Ciência, ideologia e política
O cientista e filósofo húngaro Imre Lakatos (nascido Imre Avrum Lipschitz), discípulo de Karl Popper, disse em seu trabalho Science and pseud-science que a demarcação da fronteira entre ciência e pseudociência traz problemas muito sérios para institucionalizar a crítica: “A teoria de Copérnico foi considerada pseudocientífica e, portanto, proibida pela Igreja Católica em 1616. Em 1820, foi retirada do Index, pois àquela altura a Igreja entendeu que os fatos a haviam comprovado e, portanto, ela poderia ser considerada científica. Em 1949, o Comitê Central do Partido Comunista Soviético disse que era pseudocientífica a genética mendeliana e mandou matar aqueles que a defendiam, a exemplo do que ocorreu com Vavilov (posteriormente, a genética mendeliana foi reabilitada). Entretanto, o partido manteve o direito de definir o que era científico e poderia ser publicado e o que era pseudocientífico e deveria ser punido. No Ocidente ocorreu algo semelhante, com o establishment liberal permitindo ou negando o direito de uso da palavra ao que é considerado pseudocientífico. Cada um dos julgamentos estava/está baseado em algum critério de demarcação, razão pela qual os limites entre ciência e pseudociência não é um pseudoproblema de pensadores de gabinete – ele tem sérias implicações éticas e políticas”.

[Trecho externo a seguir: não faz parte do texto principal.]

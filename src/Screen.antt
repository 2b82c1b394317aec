-- ===== src/Screen.antt =====
-- The text screen of arch/x86/kernel/vga.c. The buffer is a function from the index of a cell to its
-- 16 bits: the character below, the colours above.
pub mod Scroll
pub mod Console
pub mod Cursor
mod Tests
use rotary_os.Base.{
  ℕ, zero, suc, ◌+◌, ◌-◌, ◌*◌, ◌/◌, ◌%◌, ◌^◌, Bool, true, false, ◌==◌, leb, if◌then◌else◌, add32,
  sub32, update, bit_and, bit_or, shr,
}
use rotary_os.Strings.{Bytes, strlen}
use rotary_os.Ports.{Ports, io_port_out}

abbrev pub vga_width : ℕ
vga_width = 80

abbrev pub vga_height : ℕ
vga_height = 25

abbrev pub top_line : ℕ
top_line = 3

abbrev pub vga_colour_black : ℕ
vga_colour_black = 0

abbrev pub vga_colour_blue : ℕ
vga_colour_blue = 1

abbrev pub vga_colour_green : ℕ
vga_colour_green = 2

abbrev pub vga_colour_cyan : ℕ
vga_colour_cyan = 3

abbrev pub vga_colour_red : ℕ
vga_colour_red = 4

abbrev pub vga_colour_white : ℕ
vga_colour_white = 7

abbrev pub Cells : Type 0
Cells = ℕ → ℕ

-- The buffer, `current_fg_colour` and `vga_state`, with the ports that move the hardware's cursor.
pub record Screen : Type 0 where
  pub cells : Cells
  pub current_fg_colour : ℕ
  pub cursor_x : ℕ
  pub cursor_y : ℕ
  pub ports : Ports

-- The address wraps at 2 ^ 32, so the index of a cell of two bytes wraps at 2 ^ 31.
abbrev pub cell_index : (x y : ℕ) → ℕ
cell_index x y = (y * 80 + x) % 2 ^ 31

pub cell_of : (character fg_colour bg_colour : ℕ) → ℕ
cell_of character fg_colour bg_colour =
    let attrib = bit_or (bg_colour * 2 ^ 4) (bit_and fg_colour 0x0f) in
    bit_or character (attrib * 2 ^ 8) % 2 ^ 16

abbrev pub vga_set_character : Cells → (character fg_colour bg_colour x y : ℕ) → Cells
vga_set_character m character fg_colour bg_colour x y =
    update m (cell_index x y) (cell_of character fg_colour bg_colour)

-- The loop that writes one cell in the columns from `i` on: `vga_clear_line` and
-- `vga_print_separator`.
pub fill_line : (rounds : ℕ) → Cells → (bg_colour i line : ℕ) → Cells
fill_line zero m bg_colour i line = m
fill_line (suc n) m bg_colour i line =
    fill_line n (vga_set_character m b' ' vga_colour_black bg_colour i line) bg_colour (i + 1) line

pub vga_clear_line : Cells → ℕ → Cells
vga_clear_line m line = fill_line 80 m vga_colour_black 0 line

pub vga_print_separator : Cells → (colour y : ℕ) → Cells
vga_print_separator m colour y = fill_line 80 m colour 0 y

-- `colour >> 4` for a `char`, which has a sign, converted to a `uchar`.
abbrev pub background : ℕ → ℕ
background colour = if leb 128 colour then shr colour 4 + 240 else shr colour 4

-- The copies of `vga_scroll_up` from one line to the line above, in the columns from `x` on.
pub move_line : (rounds : ℕ) → Cells → (line x : ℕ) → Cells
move_line zero m line x = m
move_line (suc n) m line x =
    let cell = m (cell_index x line) in
    let character = cell % 2 ^ 8 in
    let colour = shr cell 8 in
    move_line n
      (vga_set_character m character (bit_and colour 0x0f) (background colour) x (sub32 line 1))
      line (x + 1)

-- One round of `vga_scroll_up`: the lines from `line` on.
pub scroll_lines : (rounds : ℕ) → Cells → ℕ → Cells
scroll_lines zero m line = m
scroll_lines (suc n) m line =
    scroll_lines n (vga_clear_line (move_line vga_width m line 0) line) (line + 1)

pub vga_scroll_up : (line_count : ℕ) → Cells → (top : ℕ) → Cells
vga_scroll_up zero m top = m
vga_scroll_up (suc n) m top = vga_scroll_up n (scroll_lines (vga_height - top) m top) top

-- The inner loop of `vga_clear_screen`, then the outer one.
pub clear_column : (rounds : ℕ) → Cells → (colour x y : ℕ) → Cells
clear_column zero m colour x y = m
clear_column (suc n) m colour x y =
    clear_column n (vga_set_character m b' ' vga_colour_black colour x y) colour x (y + 1)

pub clear_columns : (rounds : ℕ) → Cells → (colour x : ℕ) → Cells
clear_columns zero m colour x = m
clear_columns (suc n) m colour x = clear_columns n (clear_column 25 m colour x 0) colour (x + 1)

pub vga_clear_screen : Cells → (colour : ℕ) → Cells
vga_clear_screen m colour = clear_columns 80 m colour 0

-- The loop of `vga_overwrite_line` over the characters from index `i` on.
pub write_text : (rounds : ℕ) → Cells → Bytes → (string fg_colour bg_colour i y : ℕ) → Cells
write_text zero m b string fg_colour bg_colour i y = m
write_text (suc n) m b string fg_colour bg_colour i y =
    write_text n (vga_set_character m (b (string + i)) fg_colour bg_colour i y) b string fg_colour
      bg_colour (i + 1) y

pub vga_overwrite_line : Cells → Bytes → (string fg_colour bg_colour y : ℕ) → Cells
vga_overwrite_line m b string fg_colour bg_colour y =
    write_text (strlen b string) (vga_clear_line m y) b string fg_colour bg_colour 0 y

pub vga_print_line : Cells → Bytes → (string : ℕ) → Cells
vga_print_line m b string =
    vga_overwrite_line (vga_scroll_up 1 m top_line) b string vga_colour_white vga_colour_black 24

pub vga_set_cursor : Screen → (x y : ℕ) → Screen
vga_set_cursor s x y =
    let position = (y * vga_width + x) % 2 ^ 16 in
    let p₁ = io_port_out s.ports 0x3d4 0x0f in
    let p₂ = io_port_out p₁ 0x3d5 (bit_and position 0xff) in
    let p₃ = io_port_out p₂ 0x3d4 0x0e in
    record s {
      cursor_x = x;
      cursor_y = y;
      ports = io_port_out p₃ 0x3d5 (bit_and (shr position 8) 0xff);
    }

-- The next line: the cursor goes to the left, and the lines from `TOP_LINE` on move up.
abbrev pub new_line : Screen → Screen
new_line s = record s { cursor_x = 0; cells = vga_scroll_up 1 s.cells top_line }

-- The character is written and the cursor moves right.
abbrev pub put_character : Screen → ℕ → Screen
put_character s tchar = record s {
  cells =
      vga_set_character s.cells tchar s.current_fg_colour vga_colour_black s.cursor_x s.cursor_y;
  cursor_x = add32 s.cursor_x 1;
}

pub vga_print_char_at_cursor : Screen → (tchar : ℕ) → Screen
vga_print_char_at_cursor s tchar =
    if tchar == 10
    then new_line s
    else if tchar == 12
    then record s { current_fg_colour = vga_colour_green }
    else if tchar == 13
    then record s { current_fg_colour = vga_colour_red }
    else if tchar == 11
    then record s { current_fg_colour = vga_colour_white }
    else put_character (if s.cursor_x == vga_width then new_line s else s) tchar

-- The loop of `vga_write` and of `vga_print_string_at_cursor`.
pub print_chars : (rounds : ℕ) → Screen → Bytes → (string i : ℕ) → Screen
print_chars zero s b string i = s
print_chars (suc n) s b string i =
    print_chars n (vga_print_char_at_cursor s (b (string + i))) b string (i + 1)

pub vga_write : Screen → Bytes → (string : ℕ) → Screen
vga_write s b string = print_chars (strlen b string) s b string 0

pub vga_delete_char_at_cursor : Screen → Screen
vga_delete_char_at_cursor s = if s.cursor_x == 0 then s else record s {
  cells =
      vga_set_character s.cells b' ' vga_colour_black vga_colour_black (sub32 s.cursor_x 1)
        s.cursor_y;
  cursor_x = sub32 s.cursor_x 1;
}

O que Lakatos aponta aí é aquilo que Karl Popper batizou como obstáculos ideológicos ao progresso da ciência. Segundo o pensador austríaco, mesmo a supressão pode ser instrumento para o progresso da ciência, conforme é possível verificar do martírio de Giordano Bruno e do julgamento de Galileu Galilei.
Qualquer pessoa que estude seriamente a ciência entende a alegada neutralidade e isenção de valores da ciência como não-autêntica. Para muitos isso é uma ideia estimulada por um fenômeno cada vez mais comum, a saber, o desacordo entre especialistas e estudiosos que se põem em lados opostos de um debate politicamente sensível sobre a essência do fato científico. Tal ocorre porque as questões que dizem respeito à ciência são politicamente importantes, conforme o homem comum pôde perceber recentemente com a crise da Covid e percebe cotidianamente nas discussões sobre as questões ambientais.

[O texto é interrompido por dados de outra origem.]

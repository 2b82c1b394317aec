-- ===== src/Serial/Uart.antt =====
-- The registers of the serial chip and the bits in them, from include/rotary/serial.h.
use rotary_os.Base.{ℕ}

abbrev pub uart_ier : ℕ
uart_ier = 1

abbrev pub uart_fcr : ℕ
uart_fcr = 2

abbrev pub uart_lcr : ℕ
uart_lcr = 3

abbrev pub uart_mcr : ℕ
uart_mcr = 4

abbrev pub uart_lsr : ℕ
uart_lsr = 5

abbrev pub uart_lsr_tx_holding_empty : ℕ
uart_lsr_tx_holding_empty = 0x20

abbrev pub uart_lcr_dlab : ℕ
uart_lcr_dlab = 0x80

abbrev pub uart_lcr_break_disable : ℕ
uart_lcr_break_disable = 0

abbrev pub uart_lcr_parity_none : ℕ
uart_lcr_parity_none = 0

abbrev pub uart_lcr_stop_bit_1 : ℕ
uart_lcr_stop_bit_1 = 0

abbrev pub uart_lcr_word_length_8b : ℕ
uart_lcr_word_length_8b = 3

abbrev pub uart_mcr_force_dtr : ℕ
uart_mcr_force_dtr = 1

abbrev pub uart_mcr_force_rts : ℕ
uart_mcr_force_rts = 2

abbrev pub uart_mcr_aux_output_1 : ℕ
uart_mcr_aux_output_1 = 4

abbrev pub uart_mcr_aux_output_2 : ℕ
uart_mcr_aux_output_2 = 8

abbrev pub uart_mcr_loopback_mode : ℕ
uart_mcr_loopback_mode = 0x10

abbrev pub uart_fcr_baud_38400_high : ℕ
uart_fcr_baud_38400_high = 0

abbrev pub uart_fcr_baud_38400_low : ℕ
uart_fcr_baud_38400_low = 3

abbrev pub uart_fcr_fifo_enable : ℕ
uart_fcr_fifo_enable = 1

abbrev pub uart_fcr_fifo64_disable : ℕ
uart_fcr_fifo64_disable = 0

abbrev pub uart_fcr_clear_rx_fifo : ℕ
uart_fcr_clear_rx_fifo = 2

abbrev pub uart_fcr_clear_tx_fifo : ℕ
uart_fcr_clear_tx_fifo = 4

abbrev pub uart_fcr_int_trig_14b : ℕ
uart_fcr_int_trig_14b = 0xc0
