-- ===== src/Serial.antt =====
-- The serial ports of kernel/serial.c.
pub mod Uart
pub mod Lines
mod Tests
use rotary_os.Base.{
  ℕ, zero, suc, ◌+◌, Bool, true, false, Option, none, some, ◌==◌, not, if◌then◌else◌, bit_and,
  bit_or,
}
use rotary_os.Ports.{Ports, Device, io_port_out, io_port_in}
use rotary_os.Strings.{Bytes}
use rotary_os.Serial.Uart.{
  uart_ier, uart_fcr, uart_lcr, uart_mcr, uart_lsr, uart_lsr_tx_holding_empty, uart_lcr_dlab,
  uart_lcr_break_disable, uart_lcr_parity_none, uart_lcr_stop_bit_1, uart_lcr_word_length_8b,
  uart_mcr_force_dtr, uart_mcr_force_rts, uart_mcr_aux_output_1, uart_mcr_aux_output_2,
  uart_mcr_loopback_mode, uart_fcr_baud_38400_high, uart_fcr_baud_38400_low, uart_fcr_fifo_enable,
  uart_fcr_fifo64_disable, uart_fcr_clear_rx_fifo, uart_fcr_clear_tx_fifo, uart_fcr_int_trig_14b,
}

-- `IO_PORT_SERIAL_COM1` and `IO_PORT_SERIAL_COM2`
abbrev pub serial_com1 : ℕ
serial_com1 = 0x3f8

abbrev pub serial_com2 : ℕ
serial_com2 = 0x2f8

-- The result, 1 if the chip does not send the test byte back and 0 if it does, and the ports.
pub serial_init_port : Device → Ports → (port : ℕ) → ℕ × Ports
serial_init_port d p port =
    let p₁ = io_port_out p (port + uart_ier) 0x00 in
    let p₂ = io_port_out p₁ (port + uart_lcr) uart_lcr_dlab in
    let p₃ = io_port_out p₂ (port + 0) uart_fcr_baud_38400_low in
    let p₄ = io_port_out p₃ (port + 1) uart_fcr_baud_38400_high in
    let connection =
      bit_or (bit_or (bit_or uart_lcr_word_length_8b uart_lcr_stop_bit_1) uart_lcr_parity_none)
        uart_lcr_break_disable in
    let p₅ = io_port_out p₄ (port + uart_lcr) connection in
    let buffers =
      bit_or
        (bit_or
          (bit_or (bit_or uart_fcr_fifo_enable uart_fcr_fifo64_disable) uart_fcr_clear_rx_fifo)
          uart_fcr_clear_tx_fifo)
        uart_fcr_int_trig_14b in
    let p₆ = io_port_out p₅ (port + uart_fcr) buffers in
    let forced = bit_or (bit_or uart_mcr_force_dtr uart_mcr_force_rts) uart_mcr_aux_output_2 in
    let p₇ = io_port_out p₆ (port + uart_mcr) forced in
    let loopback =
      bit_or (bit_or (bit_or uart_mcr_force_rts uart_mcr_aux_output_1) uart_mcr_aux_output_2)
        uart_mcr_loopback_mode in
    let p₈ = io_port_out p₇ (port + uart_mcr) loopback in
    let p₉ = io_port_out p₈ (port + 0) 0xae in
    let (answer, p₁₀) = io_port_in d p₉ port in
    let normal =
      bit_or (bit_or (bit_or uart_mcr_force_dtr uart_mcr_force_rts) uart_mcr_aux_output_1)
        uart_mcr_aux_output_2 in
    if not (answer == 0xae) then (1, p₁₀) else (0, io_port_out p₁₀ (port + uart_mcr) normal)

-- The result, `serial_initialised`, and the ports: what `serial_init_port` returns is not looked at.
unfoldable pub serial_init : Device → Ports → ℕ × Bool × Ports
serial_init d p =
    let p₁ = (serial_init_port d p serial_com1).1 in
    (1, true, (serial_init_port d p₁ serial_com2).1)

pub serial_is_transmit_empty : Device → Ports → (port : ℕ) → ℕ × Ports
serial_is_transmit_empty d p port =
    let (status, p₁) = io_port_in d p (port + uart_lsr) in
    (if bit_and status uart_lsr_tx_holding_empty == 0x20 then 1 else 0, p₁)

-- The wait for an empty transmitter; `none` when the fuel ends.
pub wait_empty : (fuel : ℕ) → Device → Ports → (port : ℕ) → Option Ports
wait_empty zero d p port = none
wait_empty (suc k) d p port =
    let (empty, p₁) = serial_is_transmit_empty d p port in
    let rest = wait_empty k d p₁ port in if empty == 0 then rest else some p₁

-- The loop over the bytes of the line; the number of bytes is bounded by the rounds.
pub write_bytes :
    (rounds fuel : ℕ) → Device → Ports → (port : ℕ) → Bytes → (line : ℕ) → Option Ports
write_bytes zero fuel d p port m line = none
write_bytes (suc n) fuel d p port m line = elim (m line == 0) [
  | true ↦ some p
  | false ↦ elim (wait_empty fuel d p port) [
    | none ↦ none
    | some p₁ ↦ write_bytes n fuel d (io_port_out p₁ port (m line)) port m (line + 1)
  ]
]

pub serial_write_line :
    (rounds fuel : ℕ)
    → Device
    → (serial_initialised : Bool) → Ports
    → (port : ℕ) → Bytes
    → (line : ℕ) → Option (ℕ × Ports)
serial_write_line rounds fuel d serial_initialised p port m line =
    if not serial_initialised
    then some (0, p)
    else elim (write_bytes rounds fuel d p port m line) [ none ↦ none | some p₁ ↦ some (1, p₁) ]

Popper se entrincheirou e passou toda a sua vida intelectual lutando contra o relativismo moral e intelectual, o qual ela considerava a “principal doença filosófica de nosso tempo”. Por isso, buscou demarcar o limite entre a ciência e a não-ciência em termos de um método que pudesse ser comum a todas as ciências. Daí a necessidade de determinar as condições universais precisas sob as quais uma teoria é científica, pois tal caminho nos ofereceria elementos por meio e através dos quais seria possível afastar a poluição intelectual que macula a produção científica. Tal percurso, porém, não significa que devamos abandonar as ideias novas. Elas “devem ser consideradas”, diz Popper n’O mito do contexto, “preciosas e cuidadosamente acarinhadas – sobretudo se parecerem ser um pouco extravagantes”, sem que isso signifique que estejamos “desejosos de aceitar novas ideias apenas pelo facto de serem novas. Mas devemos estar desejosos de não suprimir uma ideia nova, caso não nos pareça muito boa”. Tampouco o percurso deve cair na vala comum de abrir a guarda para novas ideias apenas porque são novas. Manter certa dose de dogmatismo é preciso e precioso, afinal sem luta forte e constante pela sobrevivência de velhas teorias, “nenhuma das teorias concorrentes pode mostrar o seu vigor – ou seja, o seu poder explicativo e o seu conteúdo de verdade”.